Am Samstag startete ein Team der Apotheker ohne Grenzen (AoG), um in der Türkei den Opfern des Erdbebens zu helfen. Mit dabei ist Petra Nolte, Pharmazeutin und studierte Fachberaterin zur Traumabewältigung. Für eine Woche wird sie vor Ort provisorische Camps mit aufbauen und alle benötigten Materialien zum Einsatzort bringen.

Die Folgen des Erdbebens in Gaziantep und Umgebung forderten mittlerweile mehr als 35.000 Opfer. Dabei sind auch die Schäden in der südostanatolischen Hauptstadt immens. Noch immer dauern die Bergungen von Menschen an, die Hoffnung auf Überlebende schwindet jedoch stündlich. Die teils eisigen Temperaturen erschweren den Helfenden die Arbeit. Tausende Menschen wurden obdachlos und müssen medizinisch versorgt werden. In der Katastrophen-Region stehen jedoch nicht ausreichend Arzneimittel zur Verfügung.

Apotheker ohne Grenzen bauen Camps auf

Genau an diesem Punkt setzt die Hilfe von AoG an. In Zusammenarbeit mit mehreren anderen Hilfsorganisationen, darunter beispielsweise die Organisation Navis, werden einzelne Teams in die besonders betroffene Region geschickt, um vor Ort ein Lager zu errichten. Mehrere Zelte werden aufgebaut, in denen Ärzt:innen all diejenigen Menschen behandeln können, die medizinische Hilfe benötigen. Die Pharmazeut:innen organisieren die Vorhaltung der Medikamente. Auf einem separaten Weg werden hierzu sogenannte Emergency Health Kits angeliefert. Schwierig sei aber dabei auch oftmals die bürokratische Lage: „AoG wurden zunächst durch die türkische Bürokratie ausgebremst, diese verzögerte den Beginn der Hilfsaktion, deswegen konnten wir erst am Samstag starten. Die benötigten Materialien müssen wir zunächst durch den Zoll bekommen, bevor sie zum Einsatzort transportiert werden können“, berichtet Nolte.

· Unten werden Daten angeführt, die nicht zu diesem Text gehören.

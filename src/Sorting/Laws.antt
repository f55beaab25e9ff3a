-- ===== src/Sorting/Laws.antt =====
-- The sort rearranges, ascends, and depends on nothing but the elements where no two are tied.
use mathlib.Core.Bool.{Bool-set}
use mathlib.Core.List.{Mem, Perm, Pairwise, Pairwise-singleton, mem-cons_self}
use mathlib.Core.List.{mem-cons}
use mathlib.Core.List.Pairwise
use mathlib.Core.List.Perm
use mathlib.Core.Logic.Or
use socket_scan_patterns.Prelude.{
  Bool, true, false, List, [], ◌∷◌, ◌≡◌, sym, ap, ap₂, inl, inr, ◌∙◌, Bool-cases,
}
use socket_scan_patterns.Sorting.{insert_sorted, sort_by}

module _ {ℓ} {A : Type ℓ} (le : A → A → Bool) where
  -- the order of the list agrees with the test
  abbrev pub IsSorted : List A → Type ℓ
  IsSorted = Pairwise (λ a b. le a b ≡ true)

  abbrev pub IsBelow : A → List A → Type ℓ
  IsBelow a l = (x : A) → Mem x l → le a x ≡ true

  pub insert_sorted-perm : (x : A) (l : List A) → Perm (insert_sorted le x l) (x ∷ l)
  unfolding insert_sorted
  insert_sorted-perm x [] = Perm.rfl
  insert_sorted-perm x (y ∷ ys) = elim (Bool-cases (le x y)) [
    | inl first ↦ rw first Perm.rfl
    | inr later ↦ rw later (Perm.trans (Perm.cons y (insert_sorted-perm x ys)) (Perm.swap x y ys))
  ]

  -- Sorting loses and invents nothing.
  pub sort_by-perm : (l : List A) → Perm (sort_by le l) l
  unfolding sort_by
  sort_by-perm [] = Perm.rfl
  sort_by-perm (x ∷ xs) =
      Perm.trans (insert_sorted-perm x (sort_by le xs)) (Perm.cons x (sort_by-perm xs))

  IsBelow-cons : {a b : A} {xs : List A} → le a b ≡ true → IsBelow a xs → IsBelow a (b ∷ xs)
  IsBelow-cons {a} first others x m =
      Or.elim (Bool-set (le a x) true) (mem-cons.0 m) (λ e. ap (le a) e ∙ first) (others x)

  pub IsBelow-perm : {a : A} {xs ys : List A} → Perm xs ys → IsBelow a ys → IsBelow a xs
  IsBelow-perm p below x m = below x ((Perm.mem_iff p).0 m)

-- The order that the comparator describes: total and transitive.
pub record IsOrder {ℓ} {A : Type ℓ} (le : A → A → Bool) : Type ℓ where
  pub total : (a b : A) → le a b ≡ false → le b a ≡ true
  pub trans : (a b c : A) → le a b ≡ true → le b c ≡ true → le a c ≡ true

module _ {ℓ} {A : Type ℓ} (le : A → A → Bool) (o : IsOrder le) where
  pub IsBelow-head :
      {a b : A} {ys : List A} → le a b ≡ true → IsSorted le (b ∷ ys) → IsBelow le a (b ∷ ys)
  IsBelow-head {a} {b} first (Pairwise.cons below _) =
      IsBelow-cons le first (λ x m. o.trans a b x first (below x m))

  pub le_refl : (a : A) → le a a ≡ true
  le_refl a = elim (Bool-cases (le a a)) [ inl e ↦ e | inr e ↦ o.total a a e ]

  insert_sorted-IsSorted : (x : A) {l : List A} → IsSorted le l → IsSorted le (insert_sorted le x l)
  unfolding insert_sorted
  insert_sorted-IsSorted x Pairwise.nil = Pairwise-singleton _ x
  insert_sorted-IsSorted x (Pairwise.cons {a = y} {l = ys} below s) = elim (Bool-cases (le x y)) [
    | inl p ↦ let whole = Pairwise.cons below s in rw p (Pairwise.cons (IsBelow-head p whole) whole)
    | inr p ↦ rw p (
        Pairwise.cons
          (IsBelow-perm le (insert_sorted-perm le x ys) (IsBelow-cons le (o.total x y p) below))
          (insert_sorted-IsSorted x s))
  ]

  -- The result ascends.
  pub sort_by-IsSorted : (l : List A) → IsSorted le (sort_by le l)
  unfolding sort_by
  sort_by-IsSorted [] = Pairwise.nil
  sort_by-IsSorted (x ∷ xs) = insert_sorted-IsSorted x (sort_by-IsSorted xs)

  first_le :
      {a b : A} {xs ys : List A} → IsSorted le (a ∷ xs) → Perm (b ∷ ys) (a ∷ xs) → le a b ≡ true
  first_le {a} {b} s p = IsBelow-perm le p (IsBelow-head (le_refl a) s) b mem-cons_self

  -- no two different members are tied
  abbrev pub HasNoTies : List A → Type ℓ
  HasNoTies l = (a b : A) → Mem a l → Mem b l → le a b ≡ true → le b a ≡ true → a ≡ b

  pub HasNoTies-perm : {l r : List A} → Perm l r → HasNoTies r → HasNoTies l
  HasNoTies-perm p h a b ma mb = h a b ((Perm.mem_iff p).0 ma) ((Perm.mem_iff p).0 mb)

  HasNoTies-tail : {a : A} {xs : List A} → HasNoTies (a ∷ xs) → HasNoTies xs
  HasNoTies-tail ties x y mx my = ties x y (mem-cons.1 (Or.inr mx)) (mem-cons.1 (Or.inr my))

  same_first :
      {a b : A} {xs ys : List A}
      → HasNoTies (a ∷ xs)
      → IsSorted le (a ∷ xs)
      → IsSorted le (b ∷ ys)
      → Perm (a ∷ xs) (b ∷ ys)
      → a ≡ b
  same_first {a} {b} ties sx sy p =
      ties a b mem-cons_self ((Perm.mem_iff p).1 mem-cons_self) (first_le sx (Perm.symm p))
        (first_le sy p)

  IsSorted-unique :
      (xs ys : List A) → HasNoTies xs → IsSorted le xs → IsSorted le ys → Perm xs ys → xs ≡ ys
  IsSorted-unique [] ys ties sx sy p = Perm.nil-eq p
  IsSorted-unique (a ∷ xs) [] ties sx sy p = Perm.eq-nil p
  IsSorted-unique (a ∷ xs) (b ∷ ys) ties sx sy p =
      let first = same_first ties sx sy p in
      let rest = Perm.cons_inv (Perm.trans p (Perm.cons' (sym first) Perm.rfl)) in
      ap₂ ◌∷◌ first (
        IsSorted-unique xs ys (HasNoTies-tail ties) (Pairwise.of_cons sx) (Pairwise.of_cons sy)
          rest)

  -- Two arrangements of the same elements sort to the same list, where no two are tied.
  pub sort_by-eq_of_perm : (l r : List A) → HasNoTies l → Perm l r → sort_by le l ≡ sort_by le r
  sort_by-eq_of_perm l r ties p =
      IsSorted-unique (sort_by le l) (sort_by le r) (HasNoTies-perm (sort_by-perm le l) ties)
        (sort_by-IsSorted l) (sort_by-IsSorted r)
        (Perm.trans (sort_by-perm le l) (Perm.trans p (Perm.symm (sort_by-perm le r))))
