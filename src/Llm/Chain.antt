-- ===== src/Llm/Chain.antt =====
-- `ProviderChain`: the providers in their order, each asked when the one before it fails. The answer
-- comes with the provider that is credited with it (`last_used`), if one is. A stream is committed to
-- with its first chunk, and a stream without any is a failure.
use edtech_back.Base.{
  ℕ, Bool, true, false, Option, none, some, List, [], ◌∷◌, Text, codes, or_default, if◌then◌else◌,
}
use edtech_back.Llm.{Kind, unavailable, is_retryable}
use edtech_back.Llm.Json.{Json}
use edtech_back.Llm.Stream.{Ending, finished, crashed, failed, Stream, stops}
pub mod First

-- what `chat` of a provider gives
pub data Reply : Type 0 where
  answer : Text → Reply
  refused : Kind → Reply

-- a provider, with what it replies to the question at hand
pub record Provider : Type 0 where
  pub name : Text
  pub model : Option Text
  pub supports_vision : Bool
  pub chat : Reply
  pub chat_stream : Stream
  pub chat_stream_vision : Stream

-- the loop of `ProviderChain.chat`, with the failure before
unfoldable pub chat_from : Option Kind → List Provider → Reply × Option Provider
chat_from last [] = (refused (or_default last unavailable), none)
chat_from last (p ∷ ps) = elim p.chat [
  | answer text ↦ (answer text, some p)
  | refused kind ↦ if is_retryable kind then chat_from (some kind) ps else (refused kind, none)
]

unfoldable pub chain_chat : List Provider → Reply × Option Provider
chain_chat providers = chat_from none providers

-- `next(stream, None)`: whether there is a first chunk, and the failure if there is none
pub data Start : Type 0 where
  started : Start
  failed_start : Kind → Start
  crashed_start : Start

unfoldable pub start_of : Stream → Start
start_of s = elim s.chunks [
  | chunk ∷ chunks ↦ started
  | [] ↦ elim s.ends [
    | finished ↦ failed_start unavailable
    | failed kind ↦ failed_start kind
    | crashed ↦ crashed_start
  ]
]

-- the loop of `ProviderChain.chat_stream`
unfoldable pub stream_from : Option Kind → List Provider → Stream × Option Provider
stream_from last [] = (stops (failed (or_default last unavailable)), none)
stream_from last (p ∷ ps) = elim (start_of p.chat_stream) [
  | started ↦ (p.chat_stream, some p)
  | failed_start kind ↦
      if is_retryable kind then stream_from (some kind) ps else (stops (failed kind), none)
  | crashed_start ↦ (stops crashed, none)
]

unfoldable pub chain_stream : List Provider → Stream × Option Provider
chain_stream providers = stream_from none providers

-- `ProviderChain.chat_stream_vision` of the primary
unfoldable pub chain_stream_vision : Provider → Stream × Option Provider
chain_stream_vision primary = elim (start_of primary.chat_stream_vision) [
  | started ↦ (primary.chat_stream_vision, some primary)
  | failed_start kind ↦ (stops (failed kind), none)
  | crashed_start ↦ (stops crashed, none)
]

Medikamente für 10.000 Menschen

Von Lieferengpässen seien die in Holland lagernden Packs nicht betroffen: „Zum Glück sind alle Arzneimittel für solche Katastrophenfälle sofort abrufbar“, so die Apothekerin, die für diesen Einsatz spontan Urlaub nehmen konnte. „In den Packs befinden sich neben etwa 70 dringend benötigten Medikamenten auch OP-Materialien oder ein Sterilisator.“

Mithilfe der Packs können theoretisch bis zu 10.000 Menschen für einen Zeitraum von drei Monaten medizinisch versorgt werden. Die enthaltenen Mittel basieren auch auf den Erfahrungswerten aller bisherigen Einsätze: „Nach jedem Einsatz in einem Katastrophengebiet speisen die Organisationen Daten zu dringend benötigten Medikamenten ein, so wird die Zusammensetzung der Packs immer wieder optimiert“, erklärt Nolte. Grundlage der Auswahl ist die „WHO List of Essential Medicines“. Vor allem aber sind Schmerzmittel, Antibiotika und Desinfektionsmittel sowie Infusionen zur Akutversorgung enthalten.

Wenn es die örtlichen Bedingungen zulassen, können auch Kühlmöglichkeiten geschaffen werden, die mit Notstromaggregaten betrieben werden: „Momentan ist die Witterung vor Ort schwierig. Es ist vor allem nachts eher zu kalt für einige Medikamente. Wir müssen aufpassen, dass uns nichts einfriert. Aber wir werden auch Kühlmöglichkeiten beispielsweise für Insuline schaffen“, so die AoG-Mitarbeiterin.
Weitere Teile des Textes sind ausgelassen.